Available data section start

-- ===== src/Middlewares/Laws.antt =====
-- What the middlewares do around an application that sends messages and then returns or raises.
use fastapi_claude_template.Prelude.{
  ℕ, suc, ◌-◌, ◌≤◌, ◌<◌, ◌↔◌, nat_beq, String, ◌≡◌, refl, true, ◌||◌, List, [], ◌∷◌, ◌++◌, map,
  ◌==◌, insert, if◌then◌else◌, Bool-cases, inl, inr, arith, some,
}
use fastapi_claude_template.Exec.{Result, ok, err, Exec, continue, ◌>>◌}
use fastapi_claude_template.Exec.Laws.{run-cases}
use fastapi_claude_template.Middlewares.{
  Entry, error, info, level_of, headers_or_nil, Message, Scope, Http, Send, App, is_start, tag,
  with_request_id, or_empty, request_id_middleware, send_wrapper, final_status, log_entry,
  write_log, access_log_middleware,
}

-- An application that sends `ms`, as far as `send` returns, and ends in `r`
abbrev pub play : {S : Type 0} → List Message → Result (Unit {0}) → App S
play [] r scope receive send h = (r, h)
play (m ∷ ms) r scope receive send h = (send m >> play ms r scope receive send) h

-- The messages with the id as one more header, behind the others, on each start of a response
abbrev pub stamped : String → List Message → List Message
stamped request_id [] = []
stamped request_id (m ∷ ms) =
    let rest = stamped request_id ms in
    if m.type_ == "http.response.start"
    then record {
      type_ = m.type_;
      status = m.status;
      headers = some (headers_or_nil m.headers ++ (("x-request-id", request_id) ∷ []));
    }
      ∷ rest
    else m ∷ rest

map-tag :
    (request_id : String) (ms : List Message) → map (tag request_id) ms ≡ stamped request_id ms
unfolding tag
map-tag request_id [] = refl
map-tag request_id (m ∷ ms) = elim (Bool-cases (is_start m)) [
  | inl e ↦ rw (e, map-tag request_id ms) refl
  | inr e ↦ rw (e, map-tag request_id ms) refl
]

module _ {S : Type 0} where
  play-tag :
      (request_id : String) (ms : List Message) (r : Result (Unit {0})) (scope scope' : Scope)
      (receive : Exec (Http S) Message) (send : Send S) (h : Http S)
      → play ms r scope receive (λ m. send (tag request_id m)) h
        ≡ play (map (tag request_id) ms) r scope' receive send h
  play-tag request_id [] r scope scope' receive send h = refl
  play-tag request_id (m ∷ ms) r scope scope' receive send h =
      elim (run-cases (send (tag request_id m) h)) [
        | inl (u, t, e) ↦ rw e (play-tag request_id ms r scope scope' receive send t)
        | inr (f, t, e) ↦ rw e refl
      ]

  -- The state in which the application starts: a fresh id is drawn and bound.
  abbrev pub bound : Scope → Http S → Http S
  bound scope h = record h {
    draws = suc h.draws;
    context =
        insert "path" (or_empty scope.path)
          (insert "method" (or_empty scope.method) (insert "request_id" (h.entropy h.draws) []));
  }

  -- On an HTTP or websocket connection, the messages leave with the fresh id as the last header of
  -- each start of a response,
  -- what the application returns or raises is passed on, and no variable stays bound.
  pub request_id_middleware-play :
      (ms : List Message) (r : Result (Unit {0})) (scope : Scope) (receive : Exec (Http S) Message)
      (send : Send S) (h : Http S)
      → (scope.type_ == "http" || scope.type_ == "websocket") ≡ true
      → request_id_middleware (play ms r) scope receive send h ≡ (
        (play (stamped (h.entropy h.draws) ms) r scope receive send (bound scope h)).0,
        record (play (stamped (h.entropy h.draws) ms) r scope receive send (bound scope h)).1 {
          context = [];
        },
      )
  unfolding request_id_middleware
  request_id_middleware-play ms r scope receive send h traced =
      let id = h.entropy h.draws in
      rw
        (
          traced,
          play-tag id ms r (with_request_id id scope) scope receive send (bound scope h),
          map-tag id ms,
        )
        refl

level_of-error : (status : ℕ) → (level_of status ≡ error) ↔ (500 ≤ status)
unfolding level_of
level_of-error status = (λ p. ground arith, λ q. ground arith)

level_of-info : (status : ℕ) → (level_of status ≡ info) ↔ (status < 400)
unfolding level_of
level_of-info status = (λ p. ground arith, λ q. ground arith)

module _ {S : Type 0} (deliver : Message → Exec S (Unit {0})) where
  abbrev pub to_server : Send S
  to_server m h = ((deliver m h.inner).0, record h { inner = (deliver m h.inner).1 })

  -- The application on the server alone
  abbrev pub outcome : List Message → Result (Unit {0}) → S → Result (Unit {0}) × S
  outcome [] r s = (r, s)
  outcome (m ∷ ms) r s = continue (λ _. outcome ms r) (deliver m s)

  -- What is known of the rest after a delivery that returned, and `d` after one that raised
  abbrev pub settle : (S → ℕ) → ℕ → Result (Unit {0}) × S → ℕ
  settle f d (ok u, s) = f s
  settle f d (err e, s) = d

  -- The status of the last start of a response that was handed to the server
  abbrev pub last_status : List Message → ℕ → S → ℕ
  last_status [] status s = status
  last_status (m ∷ ms) status s =
      let status' = if is_start m then m.status else status in
      settle (last_status ms status') status' (deliver m s)

  play-wrapped :
      (ms : List Message) (r : Result (Unit {0})) (scope : Scope) (receive : Exec (Http S) Message)
      (h : Http S)
      → play ms r scope receive (send_wrapper to_server) h ≡ (
        (outcome ms r h.inner).0,
        record h {
          inner = (outcome ms r h.inner).1;
          status_code = last_status ms h.status_code h.inner;
        },
      )
  unfolding send_wrapper
  play-wrapped [] r scope receive h = refl
  play-wrapped (m ∷ ms) r scope receive h = elim (Bool-cases (is_start m)) [
    | inl s ↦ elim (run-cases (deliver m h.inner)) [
      | inl (u, t, e) ↦
          rw (s, e)
            (play-wrapped ms r scope receive (record h { inner = t; status_code = m.status }))
      | inr (f, t, e) ↦ rw (s, e) refl
    ]
    | inr s ↦ elim (run-cases (deliver m h.inner)) [
      | inl (u, t, e) ↦ rw (s, e) (play-wrapped ms r scope receive (record h { inner = t }))
      | inr (f, t, e) ↦ rw (s, e) refl
    ]
  ]

  -- On an HTTP connection the log has one more entry, with the status of the last response that was
  -- started, or 500 when none was or that status is 0, and the time between two readings of the clock, as an error from 500 on and for
  -- information below 400; the application's outcome is passed on.
  pub access_log_middleware-play :
      (ms : List Message) (r : Result (Unit {0})) (scope : Scope) (receive : Exec (Http S) Message)
      (h : Http S)
      → (scope.type_ == "http") ≡ true
      → ((access_log_middleware (play ms r) scope receive to_server h).0 ≡ (outcome ms r h.inner).0)
        × ((access_log_middleware (play ms r) scope receive to_server h).1.inner
            ≡ (outcome ms r h.inner).1)
        × (entry : Entry) × ((access_log_middleware (play ms r) scope receive to_server h).1.logs
            ≡ h.logs ++ (entry ∷ []))
        × (entry.status
            ≡ (if nat_beq (last_status ms 0 h.inner) 0 then 500 else last_status ms 0 h.inner))
        × (entry.duration ≡ h.times (suc h.reads) - h.times h.reads)
        × ((entry.level ≡ error) ↔ (500 ≤ entry.status))
        × ((entry.level ≡ info) ↔ (entry.status < 400))
  unfolding access_log_middleware write_log log_entry
  access_log_middleware-play ms r scope receive h http =
      let started = record h { reads = suc h.reads; status_code = 0 } in
      let status = final_status (last_status ms 0 h.inner) in
      rw (http, play-wrapped ms r scope receive started)
        (
          refl,
          refl,
          log_entry scope status (h.times (suc h.reads) - h.times h.reads),
          refl,
          refl,
          refl,
          level_of-error status,
          level_of-info status,
        )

Available data section end

Write each record above out again exactly as it reads.

-- ===== src/Middlewares/Laws.antt =====
-- What the middlewares do around an application that sends messages and then returns or raises.
use fastapi_claude_template.Prelude.{
  ℕ, suc, ◌-◌, ◌≤◌, ◌<◌, ◌↔◌, nat_beq, String, ◌≡◌, refl, true, ◌||◌, List, [], ◌∷◌, ◌++◌, map,
  ◌==◌, insert, if◌then◌else◌, Bool-cases, inl, inr, arith, some,
}
use fastapi_claude_template.Exec.{Result, ok, err, Exec, continue, ◌>>◌}
use fastapi_claude_template.Exec.Laws.{run-cases}
use fastapi_claude_template.Middlewares.{
  Entry, error, info, level_of, headers_or_nil, Message, Scope, Http, Send, App, is_start, tag,
  with_request_id, or_empty, request_id_middleware, send_wrapper, final_status, log_entry,
  write_log, access_log_middleware,
}

-- An application that sends `ms`, as far as `send` returns, and ends in `r`
abbrev pub play : {S : Type 0} → List Message → Result (Unit {0}) → App S
play [] r scope receive send h = (r, h)
play (m ∷ ms) r scope receive send h = (send m >> play ms r scope receive send) h

-- The messages with the id as one more header, behind the others, on each start of a response
abbrev pub stamped : String → List Message → List Message
stamped request_id [] = []
stamped request_id (m ∷ ms) =
    let rest = stamped request_id ms in
    if m.type_ == "http.response.start"
    then record {
      type_ = m.type_;
      status = m.status;
      headers = some (headers_or_nil m.headers ++ (("x-request-id", request_id) ∷ []));
    }
      ∷ rest
    else m ∷ rest

map-tag :
    (request_id : String) (ms : List Message) → map (tag request_id) ms ≡ stamped request_id ms
unfolding tag
map-tag request_id [] = refl
map-tag request_id (m ∷ ms) = elim (Bool-cases (is_start m)) [
  | inl e ↦ rw (e, map-tag request_id ms) refl
  | inr e ↦ rw (e, map-tag request_id ms) refl
]

module _ {S : Type 0} where
  play-tag :
      (request_id : String) (ms : List Message) (r : Result (Unit {0})) (scope scope' : Scope)
      (receive : Exec (Http S) Message) (send : Send S) (h : Http S)
      → play ms r scope receive (λ m. send (tag request_id m)) h
        ≡ play (map (tag request_id) ms) r scope' receive send h
  play-tag request_id [] r scope scope' receive send h = refl
  play-tag request_id (m ∷ ms) r scope scope' receive send h =
      elim (run-cases (send (tag request_id m) h)) [
        | inl (u, t, e) ↦ rw e (play-tag request_id ms r scope scope' receive send t)
        | inr (f, t, e) ↦ rw e refl
      ]

  -- The state in which the application starts: a fresh id is drawn and bound.
  abbrev pub bound : Scope → Http S → Http S
  bound scope h = record h {
    draws = suc h.draws;
    context =
        insert "path" (or_empty scope.path)
          (insert "method" (or_empty scope.method) (insert "request_id" (h.entropy h.draws) []));
  }

  -- On an HTTP or websocket connection, the messages leave with the fresh id as the last header of
  -- each start of a response,
  -- what the application returns or raises is passed on, and no variable stays bound.
  pub request_id_middleware-play :
      (ms : List Message) (r : Result (Unit {0})) (scope : Scope) (receive : Exec (Http S) Message)
      (send : Send S) (h : Http S)
      → (scope.type_ == "http" || scope.type_ == "websocket") ≡ true
      → request_id_middleware (play ms r) scope receive send h ≡ (
        (play (stamped (h.entropy h.draws) ms) r scope receive send (bound scope h)).0,
        record (play (stamped (h.entropy h.draws) ms) r scope receive send (bound scope h)).1 {
          context = [];
        },
      )
  unfolding request_id_middleware
  request_id_middleware-play ms r scope receive send h traced =
      let id = h.entropy h.draws in
      rw
        (
          traced,
          play-tag id ms r (with_request_id id scope) scope receive send (bound scope h),
          map-tag id ms,
        )
        refl

level_of-error : (status : ℕ) → (level_of status ≡ error) ↔ (500 ≤ status)
unfolding level_of
level_of-error status = (λ p. ground arith, λ q. ground arith)

level_of-info : (status : ℕ) → (level_of status ≡ info) ↔ (status < 400)
unfolding level_of
level_of-info status = (λ p. ground arith, λ q. ground arith)

module _ {S : Type 0} (deliver : Message → Exec S (Unit {0})) where
  abbrev pub to_server : Send S
  to_server m h = ((deliver m h.inner).0, record h { inner = (deliver m h.inner).1 })

  -- The application on the server alone
  abbrev pub outcome : List Message → Result (Unit {0}) → S → Result (Unit {0}) × S
  outcome [] r s = (r, s)
  outcome (m ∷ ms) r s = continue (λ _. outcome ms r) (deliver m s)

  -- What is known of the rest after a delivery that returned, and `d` after one that raised
  abbrev pub settle : (S → ℕ) → ℕ → Result (Unit {0}) × S → ℕ
  settle f d (ok u, s) = f s
  settle f d (err e, s) = d

  -- The status of the last start of a response that was handed to the server
  abbrev pub last_status : List Message → ℕ → S → ℕ
  last_status [] status s = status
  last_status (m ∷ ms) status s =
      let status' = if is_start m then m.status else status in
      settle (last_status ms status') status' (deliver m s)

  play-wrapped :
      (ms : List Message) (r : Result (Unit {0})) (scope : Scope) (receive : Exec (Http S) Message)
      (h : Http S)
      → play ms r scope receive (send_wrapper to_server) h ≡ (
        (outcome ms r h.inner).0,
        record h {
          inner = (outcome ms r h.inner).1;
          status_code = last_status ms h.status_code h.inner;
        },
      )
  unfolding send_wrapper
  play-wrapped [] r scope receive h = refl
  play-wrapped (m ∷ ms) r scope receive h = elim (Bool-cases (is_start m)) [
    | inl s ↦ elim (run-cases (deliver m h.inner)) [
      | inl (u, t, e) ↦
          rw (s, e)
            (play-wrapped ms r scope receive (record h { inner = t; status_code = m.status }))
      | inr (f, t, e) ↦ rw (s, e) refl
    ]
    | inr s ↦ elim (run-cases (deliver m h.inner)) [
      | inl (u, t, e) ↦ rw (s, e) (play-wrapped ms r scope receive (record h { inner = t }))
      | inr (f, t, e) ↦ rw (s, e) refl
    ]
  ]

  -- On an HTTP connection the log has one more entry, with the status of the last response that was
  -- started, or 500 when none was or that status is 0, and the time between two readings of the clock, as an error from 500 on and for
  -- information below 400; the application's outcome is passed on.
  pub access_log_middleware-play :
      (ms : List Message) (r : Result (Unit {0})) (scope : Scope) (receive : Exec (Http S) Message)
      (h : Http S)
      → (scope.type_ == "http") ≡ true
      → ((access_log_middleware (play ms r) scope receive to_server h).0 ≡ (outcome ms r h.inner).0)
        × ((access_log_middleware (play ms r) scope receive to_server h).1.inner
            ≡ (outcome ms r h.inner).1)
        × (entry : Entry) × ((access_log_middleware (play ms r) scope receive to_server h).1.logs
            ≡ h.logs ++ (entry ∷ []))
        × (entry.status
            ≡ (if nat_beq (last_status ms 0 h.inner) 0 then 500 else last_status ms 0 h.inner))
        × (entry.duration ≡ h.times (suc h.reads) - h.times h.reads)
        × ((entry.level ≡ error) ↔ (500 ≤ entry.status))
        × ((entry.level ≡ info) ↔ (entry.status < 400))
  unfolding access_log_middleware write_log log_entry
  access_log_middleware-play ms r scope receive h http =
      let started = record h { reads = suc h.reads; status_code = 0 } in
      let status = final_status (last_status ms 0 h.inner) in
      rw (http, play-wrapped ms r scope receive started)
        (
          refl,
          refl,
          log_entry scope status (h.times (suc h.reads) - h.times h.reads),
          refl,
          refl,
          refl,
          level_of-error status,
          level_of-info status,
        )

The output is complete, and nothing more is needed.